EXERCISE: Could you copy each line of the entries that contains "alist"?

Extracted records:
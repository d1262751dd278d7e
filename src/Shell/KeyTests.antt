-- ===== src/Shell/KeyTests.antt =====
-- Runs of the editing keys and of the environment commands.
use corestack_peky.Common.{ℕ, ◌≡◌, refl, arith, List, [], ◌∷◌, none, true, ◌==◌, if◌then◌else◌}
use corestack_peky.Shell.Editor.{Line, typed, rubout, press, insert_char, jump_right, skip_right}
use corestack_peky.Shell.Editor.Keys.{Fits, edited, press-text}
use corestack_peky.Shell.Editor.Buffer.{text}
use corestack_peky.Shell.Environment.{Env, bad_name, bad_characters, strip_quotes}
use corestack_peky.Shell.Environment.Variables.{GoodNames}

-- "ab c" with the cursor at the `b`
abbrev abc : Line
abc = record {
  buf = λ i. if i == 0 then 97 else if i == 1 then 98 else if i == 2 then 32 else 99;
  len = 4;
  pos = 1;
}

abc-Fits : Fits 10 abc
abc-Fits = (omega arith, omega arith)

typed_x : text (press 10 (typed 120) abc) ≡ 97 ∷ 120 ∷ 98 ∷ 32 ∷ 99 ∷ []
unfolding press insert_char
typed_x = refl

word_jump : (jump_right abc).pos ≡ 3
unfolding jump_right skip_right
word_jump = refl

press-text_example : text (press 10 rubout abc) ≡ edited 10 rubout (text abc) 1
press-text_example = press-text 10 rubout abc abc-Fits tt

-- "A", "B_", "-" and the value "v" in double quotes
abbrev a_name : List ℕ
a_name = 65 ∷ []

abbrev b_name : List ℕ
b_name = 66 ∷ 95 ∷ []

abbrev quoted_v : List ℕ
quoted_v = 34 ∷ 118 ∷ 34 ∷ []

abbrev nothing_set : Env
nothing_set = λ m. none

quotes_gone : strip_quotes quoted_v ≡ 118 ∷ []
unfolding strip_quotes
quotes_gone = refl

dash_refused : bad_name (45 ∷ []) ≡ true
unfolding bad_name bad_characters
dash_refused = refl

two-GoodNames : GoodNames ((a_name, quoted_v) ∷ (b_name, []) ∷ [])
unfolding bad_name bad_characters
two-GoodNames = (refl, (refl, tt))
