-- ===== src/Shell/Words.antt =====
-- The words of a line and their aliases (src/tetrish/shell.c): `tokenise` and `expand_alias`.
pub mod Tokens
pub mod Expand
use corestack_peky.Common.{
  ℕ, zero, suc, ◌+◌, ◌-◌, ◌≡◌, List, [], ◌∷◌, ◌++◌, Option, none, some, Bool, true, false, ◌||◌,
  leb, ◌==◌, if◌then◌else◌, length, take,
}
use corestack_peky.Shell.Aliases.{Alias, alias_lookup, in_buffer}
use corestack_peky.Text.{blank}

abbrev pub max_args : ℕ
max_args = 128

-- the delimiters " \t"
abbrev pub is_delimiter : ℕ → Bool
is_delimiter c = (c == blank) || (c == 9)

-- What `strtok` answers in turn; `cur` is the word that is being read.
unfoldable pub words : List ℕ → List ℕ → List (List ℕ)
words [] [] = []
words (d ∷ cur) [] = (d ∷ cur) ∷ []
words [] (c ∷ line) = if is_delimiter c then words [] line else words (c ∷ []) line
words (d ∷ cur) (c ∷ line) =
    if is_delimiter c then (d ∷ cur) ∷ words [] line else words (d ∷ cur ++ (c ∷ [])) line

-- The loop stops when `argc + 1` is `cap`; a last place stays for NULL.
unfoldable pub tokenise : List ℕ → ℕ → List (List ℕ)
tokenise line cap = take (cap - 1) (words [] line)

-- `argv` behind the call, and the number it answers.
unfoldable pub expand_alias : List (List ℕ) → List Alias → ℕ → List (List ℕ) × ℕ
expand_alias [] alist cap = ([], 0)
expand_alias (cmd ∷ args) alist cap = elim (alias_lookup cmd alist) [
  | none ↦ (cmd ∷ args, suc (length args))
  | some exp ↦
      let v = tokenise (take (in_buffer - 1) exp) max_args in
      if leb cap (length v + length args) || leb (max_args - 1) (length v)
      then (cmd ∷ args, 0)
      else (v ++ args, length v + length args)
]
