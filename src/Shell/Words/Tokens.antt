-- ===== src/Shell/Words/Tokens.antt =====
-- What `tokenise` answers.
use corestack_peky.Common.{
  ℕ, zero, suc, ◌+◌, ◌-◌, ◌<◌, ◌≤◌, ◌≡◌, refl, ap, ◌∙◌, arith, List, [], ◌∷◌, ◌++◌, false,
  Bool-cases, inl, inr, length, take, take-all, append_assoc, append-nil,
}
use corestack_peky.Text.{trail}
use corestack_peky.Shell.Words.{is_delimiter, words, tokenise}

-- A string without delimiters.
abbrev pub Plain : List ℕ → Type 0
Plain [] = Unit
Plain (c ∷ w) = (is_delimiter c ≡ false) × Plain w

-- A string that `strtok` can answer.
abbrev pub IsWord : List ℕ → Type 0
IsWord [] = ⊥
IsWord (c ∷ w) = Plain (c ∷ w)

abbrev pub AllWords : List (List ℕ) → Type 0
AllWords [] = Unit
AllWords (w ∷ ws) = IsWord w × AllWords ws

Plain-snoc : (cur : List ℕ) (c : ℕ) → Plain cur → is_delimiter c ≡ false → Plain (cur ++ (c ∷ []))
Plain-snoc [] c p h = (h, tt)
Plain-snoc (d ∷ cur) c p h = (p.0, Plain-snoc cur c p.1 h)

words-AllWords : (cur line : List ℕ) → Plain cur → AllWords (words cur line)
unfolding words
words-AllWords [] [] p = tt
words-AllWords (d ∷ cur) [] p = (p, tt)
words-AllWords [] (c ∷ line) p = elim (Bool-cases (is_delimiter c)) [
  | inl gap ↦ rw (words, gap) (words-AllWords [] line tt)
  | inr in_word ↦ rw (words, in_word) (words-AllWords (c ∷ []) line (in_word, tt))
]
words-AllWords (d ∷ cur) (c ∷ line) p = elim (Bool-cases (is_delimiter c)) [
  | inl gap ↦ rw (words, gap) (p, words-AllWords [] line tt)
  | inr in_word ↦
      rw (words, in_word)
        (words-AllWords (d ∷ cur ++ (c ∷ [])) line (Plain-snoc (d ∷ cur) c p in_word))
]

take-AllWords : (n : ℕ) (ws : List (List ℕ)) → AllWords ws → AllWords (take n ws)
take-AllWords zero ws a = tt
take-AllWords (suc n) [] a = tt
take-AllWords (suc n) (w ∷ ws) a = (a.0, take-AllWords n ws a.1)

length-take : {A : Type 0} (n : ℕ) (xs : List A) → length (take n xs) ≤ n
length-take zero xs = omega arith
length-take (suc n) [] = omega arith
length-take (suc n) (x ∷ xs) = omega (arith, length-take n xs)

words-Plain :
    (d : ℕ) (cur w rest : List ℕ)
    → Plain w
    → words (d ∷ cur) (w ++ rest) ≡ words (d ∷ cur ++ w) rest
unfolding words
words-Plain d cur [] rest p = rw (append-nil cur)
words-Plain d cur (c ∷ w) rest p =
    rw (words, p.0) (words-Plain d (cur ++ (c ∷ [])) w rest p.1 ∙ rw (append_assoc cur (c ∷ []) w))

words-trail-flush :
    (d : ℕ) (cur : List ℕ) (ws : List (List ℕ))
    → words (d ∷ cur) (trail ws) ≡ (d ∷ cur) ∷ words [] (trail ws)
unfolding words
words-trail-flush d cur [] = refl
words-trail-flush d cur (w ∷ ws) = refl

pub words-word :
    (w : List ℕ) (ws : List (List ℕ))
    → IsWord w
    → words [] (w ++ trail ws) ≡ w ∷ words [] (trail ws)
unfolding words
words-word [] ws h = absurd h
words-word (c ∷ w) ws h =
    rw (words, h.0) (words-Plain c [] w (trail ws) h.1 ∙ words-trail-flush c w ws)

pub words-trail : (ws : List (List ℕ)) → AllWords ws → words [] (trail ws) ≡ ws
unfolding words
words-trail [] a = refl
words-trail (w ∷ ws) a = words-word w ws a.0 ∙ ap (λ r. w ∷ r) (words-trail ws a.1)

-- `tokenise` answers words, which are not empty and have no blank or tab in them, and fewer than
-- `cap` of them, so that the closing NULL has a place.
pub tokenise-AllWords :
    (line : List ℕ) (cap : ℕ)
    → 0 < cap
    → AllWords (tokenise line cap) × (length (tokenise line cap) < cap)
unfolding tokenise
tokenise-AllWords line cap h = (
  take-AllWords (cap - 1) (words [] line) (words-AllWords [] line tt),
  omega (arith, length-take (cap - 1) (words [] line)),
)

-- Words that are written with a blank between them are read back, if there is room for them.
pub tokenise-trail :
    (w : List ℕ) (ws : List (List ℕ)) (cap : ℕ)
    → AllWords (w ∷ ws)
    → length ws + 1 < cap
    → tokenise (w ++ trail ws) cap ≡ w ∷ ws
unfolding tokenise
tokenise-trail w ws cap a room =
    rw (words-word w ws a.0, words-trail ws a.1) (take-all (cap - 1) (w ∷ ws) (omega arith))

RESPONSE:
expand_alias [] alist cap = ([], 0)
expand_alias (cmd ∷ args) alist cap = elim (alias_lookup cmd alist) [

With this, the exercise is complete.